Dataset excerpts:
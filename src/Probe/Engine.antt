-- ===== src/Probe/Engine.antt =====
-- A DataMover that works, and the loopback over it (hw_bringup/ps_uart_probe_dma.c,
-- `run_datamover_loopback`).
use zynq_cpu.Base.{
  ℕ, zero, suc, ◌+◌, ◌*◌, ◌≤◌, ◌<◌, ◌≡◌, ◌≢◌, ◌⊎◌, refl, sym, ap, ◌∙◌, Store, update, update_ne,
  bit_and, List, [], ◌∷◌, arith,
}
use native.Mathlib.Decide.{ℕ_discrete}
use zynq_cpu.Bridge.{tx_scratch}
use zynq_cpu.Mailbox.{dma_status, wait_for_dma}
use zynq_cpu.Boot.Words.{write_all}
use zynq_cpu.Probe.Started.{Untouched, write_all-Untouched}
use zynq_cpu.Probe.Arrays.{update_at}
use zynq_cpu.Probe.Dma.{
  dma_ctrl, dma_ddr_addr, dma_local, dma_len, dma_tag, rx_scratch, dma_words, mm2s_done, s2mm_done,
  mm2s_err, s2mm_err, clear_done_err, pattern, fill_writes, out_all,
}

-- The engine as the program sees it: `view` is what a read of each address would give. Registers but
-- the status hold what is written; a transfer that is set off with a clear status is done within the
-- polls of the program, and has then moved the bytes that its registers ask for and nothing else.
pub record DataMover {D : Type 0} (in32 : ℕ → D → ℕ × D) (out32 : ℕ → ℕ → D → D) (view : D → Store)
    : Type 0 where
  pub reads : (a : ℕ) (d : D) → a ≢ dma_status → (in32 a d).0 ≡ view d a
  pub keeps : (a b : ℕ) (d : D) → a ≢ dma_status → view (in32 a d).1 b ≡ view d b
  pub writes :
      (a v b : ℕ) (d : D)
      → a ≢ dma_ctrl
      → a ≢ dma_status
      → view (out32 a v d) b ≡ update a v (view d) b
  pub clears :
      (b : ℕ) (d : D) → b ≢ dma_status → view (out32 dma_status clear_done_err d) b ≡ view d b
  pub cleared :
      (d : D) → bit_and (view (out32 dma_status clear_done_err d) dma_status) clear_done_err ≡ 0
  pub mm2s :
      (d : D)
      → bit_and (view d dma_status) clear_done_err ≡ 0
      → let r = wait_for_dma in32 mm2s_done mm2s_err (out32 dma_ctrl 1 d) in
        (r.0 ≡ 0)
        × ((k : ℕ)
            → k * 4 < view d dma_len
            → view r.2 (rx_scratch + view d dma_local + k * 4)
              ≡ view d (view d dma_ddr_addr + k * 4))
        × ((b : ℕ) → b < dma_ctrl → view r.2 b ≡ view d b)
  pub s2mm :
      (d : D)
      → bit_and (view d dma_status) clear_done_err ≡ 0
      → view d dma_ddr_addr + view d dma_len ≤ dma_ctrl
      → let r = wait_for_dma in32 s2mm_done s2mm_err (out32 dma_ctrl 2 d) in
        (r.0 ≡ 0)
        × ((k : ℕ)
            → k * 4 < view d dma_len
            → view r.2 (view d dma_ddr_addr + k * 4)
              ≡ view d (tx_scratch + view d dma_local + k * 4))
        × ((b : ℕ)
            → b < dma_ctrl
            → (b < view d dma_ddr_addr) ⊎ (view d dma_ddr_addr + view d dma_len ≤ b)
            → view r.2 b ≡ view d b)

-- Two arrays of 16 words in DDR, apart from each other.
abbrev pub TwoArrays : ℕ → ℕ → Type 0
TwoArrays src dst =
    (src + 64 ≤ 0x4000_0000) × (dst + 64 ≤ 0x4000_0000) × ((src + 64 ≤ dst) ⊎ (dst + 64 ≤ src))

fill_writes-Untouched :
    (top src dst i n k : ℕ)
    → TwoArrays src dst
    → k < i
    → i + n ≤ 16
    → Untouched (src + k * 4) (fill_writes top src dst i n)
fill_writes-Untouched top src dst i zero k apart lt end = tt
fill_writes-Untouched top src dst i (suc n) k apart lt end = (
  ground (arith, apart),
  (
    ground (arith, apart),
    fill_writes-Untouched top src dst (i + 1) n k apart (omega arith) (omega arith),
  ),
)

abbrev pub AllBelow : ℕ → List (ℕ × ℕ) → Type 0
AllBelow bound [] = Unit {0}
AllBelow bound ((a, v) ∷ writes) = (a < bound) × AllBelow bound writes

first_word :
    (top src dst i k : ℕ) (m : Store)
    → TwoArrays src dst
    → k ≡ i
    → i < 16
    → update (dst + i * 4) 0 (update (src + i * 4) (pattern top i) m) (src + k * 4) ≡ pattern top k
unfolding update
first_word top src dst i k m apart here lt =
    let value : pattern top i ≡ pattern top k = ap (pattern top) (sym here) in
    update_ne (dst + i * 4) 0 (src + k * 4) (update (src + i * 4) (pattern top i) m)
      (ground (arith, apart, here))
    ∙ update_at (src + i * 4) (pattern top i) (src + k * 4) m (omega (arith, here))
    ∙ value

pub fill_writes-src :
    (top src dst i n k : ℕ) (m : Store)
    → TwoArrays src dst
    → i ≤ k
    → k < i + n
    → i + n ≤ 16
    → write_all (fill_writes top src dst i n) m (src + k * 4) ≡ pattern top k
unfolding write_all update
fill_writes-src top src dst i zero k m apart le lt end = absurd (omega arith)
fill_writes-src top src dst i (suc n) k m apart le lt end = elim (ℕ_discrete k i) [
  | yes here ↦
      write_all-Untouched (src + k * 4) (fill_writes top src dst (i + 1) n)
        (update (dst + i * 4) 0 (update (src + i * 4) (pattern top i) m))
        (fill_writes-Untouched top src dst (i + 1) n k apart (omega arith) (omega arith))
      ∙ first_word top src dst i k m apart here (omega arith)
  | no later ↦
      fill_writes-src top src dst (i + 1) n k
        (update (dst + i * 4) 0 (update (src + i * 4) (pattern top i) m)) apart (omega arith)
        (omega arith) (omega arith)
]

update_same : (a v b : ℕ) (m m' : Store) → m b ≡ m' b → update a v m b ≡ update a v m' b
unfolding update
update_same a v b m m' same = ground (arith, same)

pub fill_writes-AllBelow :
    (top src dst i n : ℕ)
    → TwoArrays src dst
    → i + n ≤ 16
    → AllBelow dma_ctrl (fill_writes top src dst i n)
fill_writes-AllBelow top src dst i zero apart end = tt
fill_writes-AllBelow top src dst i (suc n) apart end = (
  ground (arith, apart),
  (ground (arith, apart), fill_writes-AllBelow top src dst (i + 1) n apart (omega arith)),
)

module _ {D : Type 0} (in32 : ℕ → D → ℕ × D) (out32 : ℕ → ℕ → D → D) (view : D → Store)
    (engine : DataMover in32 out32 view) where
  -- Writes to DDR.
  pub out_all-view :
      (writes : List (ℕ × ℕ)) (d : D) (m : Store) (b : ℕ)
      → ((b : ℕ) → view d b ≡ m b)
      → AllBelow dma_ctrl writes
      → view (out_all in32 out32 writes d) b ≡ write_all writes m b
  unfolding out_all write_all update
  out_all-view [] d m b same below = same b
  out_all-view ((a, v) ∷ writes) d m b same below =
      out_all-view writes (out32 a v d) (update a v m) b
        (λ c.
          engine.writes a v c d (ground (arith, below)) (ground (arith, below))
          ∙ update_same a v c (view d) m (same c))
        below.1

  past :
      (a v b : ℕ) (d : D) → a ≢ dma_ctrl → a ≢ dma_status → b ≢ a → view (out32 a v d) b ≡ view d b
  past a v b d no_ctrl no_status other =
      engine.writes a v b d no_ctrl no_status ∙ update_ne a v b (view d) other

  hit : (a v : ℕ) (d : D) → a ≢ dma_ctrl → a ≢ dma_status → view (out32 a v d) a ≡ v
  hit a v d no_ctrl no_status =
      engine.writes a v a d no_ctrl no_status ∙ update_at a v a (view d) refl

  -- The registers of a transfer from or to an array, set on a machine whose status is cleared first.
  abbrev pub set_up : ℕ → ℕ → D → D
  set_up ddr tag d = out32 dma_tag tag (
      out32 dma_len (dma_words * 4)
        (out32 dma_local 0 (out32 dma_ddr_addr ddr (out32 dma_status clear_done_err d))))

  set_up-past :
      (ddr tag b : ℕ) (d : D)
      → b ≢ dma_tag
      → b ≢ dma_len
      → b ≢ dma_local
      → b ≢ dma_ddr_addr
      → view (set_up ddr tag d) b ≡ view (out32 dma_status clear_done_err d) b
  set_up-past ddr tag b d n1 n2 n3 n4 =
      past dma_tag tag b _ (omega arith) (omega arith) n1
      ∙ past dma_len (dma_words * 4) b _ (omega arith) (omega arith) n2
      ∙ past dma_local 0 b _ (omega arith) (omega arith) n3
      ∙ past dma_ddr_addr ddr b _ (omega arith) (omega arith) n4

  pub set_up-kept :
      (ddr tag b : ℕ) (d : D)
      → (b < dma_ctrl) ⊎ (dma_ctrl + 0x18 ≤ b)
      → view (set_up ddr tag d) b ≡ view d b
  set_up-kept ddr tag b d out =
      set_up-past ddr tag b d (ground (arith, out)) (ground (arith, out)) (ground (arith, out))
        (ground (arith, out))
      ∙ engine.clears b d (ground (arith, out))

  pub set_up-clear :
      (ddr tag : ℕ) (d : D) → bit_and (view (set_up ddr tag d) dma_status) clear_done_err ≡ 0
  set_up-clear ddr tag d =
      ap (λ s. bit_and s clear_done_err)
        (set_up-past ddr tag dma_status d (omega arith) (omega arith) (omega arith) (omega arith))
      ∙ engine.cleared d

  -- The array, the place in the scratch memory and the length that are asked for.
  pub set_up-asks :
      (ddr tag : ℕ) (d : D)
      → (view (set_up ddr tag d) dma_ddr_addr ≡ ddr)
        × (view (set_up ddr tag d) dma_local ≡ 0)
        × (view (set_up ddr tag d) dma_len ≡ dma_words * 4)
  set_up-asks ddr tag d = (
    past dma_tag tag dma_ddr_addr _ (omega arith) (omega arith) (omega arith)
        ∙ past dma_len (dma_words * 4) dma_ddr_addr _ (omega arith) (omega arith) (omega arith)
        ∙ past dma_local 0 dma_ddr_addr _ (omega arith) (omega arith) (omega arith)
        ∙ hit dma_ddr_addr ddr _ (omega arith) (omega arith),
    past dma_tag tag dma_local _ (omega arith) (omega arith) (omega arith)
        ∙ past dma_len (dma_words * 4) dma_local _ (omega arith) (omega arith) (omega arith)
        ∙ hit dma_local 0 _ (omega arith) (omega arith),
    past dma_tag tag dma_len _ (omega arith) (omega arith) (omega arith)
        ∙ hit dma_len (dma_words * 4) _ (omega arith) (omega arith),
  )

§ **WHAT TO PRODUCE**
From the records above, transcribe exactly the run of lines that opens with the line holding "hit : (a v : ℕ)" and closes with the line holding "b ≢ dma_tag", both included.

§ **THE COMPLETED TASK**
  hit : (a v : ℕ) (d : D) → a ≢ dma_ctrl → a ≢ dma_status → view (out32 a v d) a ≡ v
  hit a v d no_ctrl no_status =
      engine.writes a v a d no_ctrl no_status ∙ update_at a v a (view d) refl

  -- The registers of a transfer from or to an array, set on a machine whose status is cleared first.
  abbrev pub set_up : ℕ → ℕ → D → D
  set_up ddr tag d = out32 dma_tag tag (
      out32 dma_len (dma_words * 4)
        (out32 dma_local 0 (out32 dma_ddr_addr ddr (out32 dma_status clear_done_err d))))

  set_up-past :
      (ddr tag b : ℕ) (d : D)
      → b ≢ dma_tag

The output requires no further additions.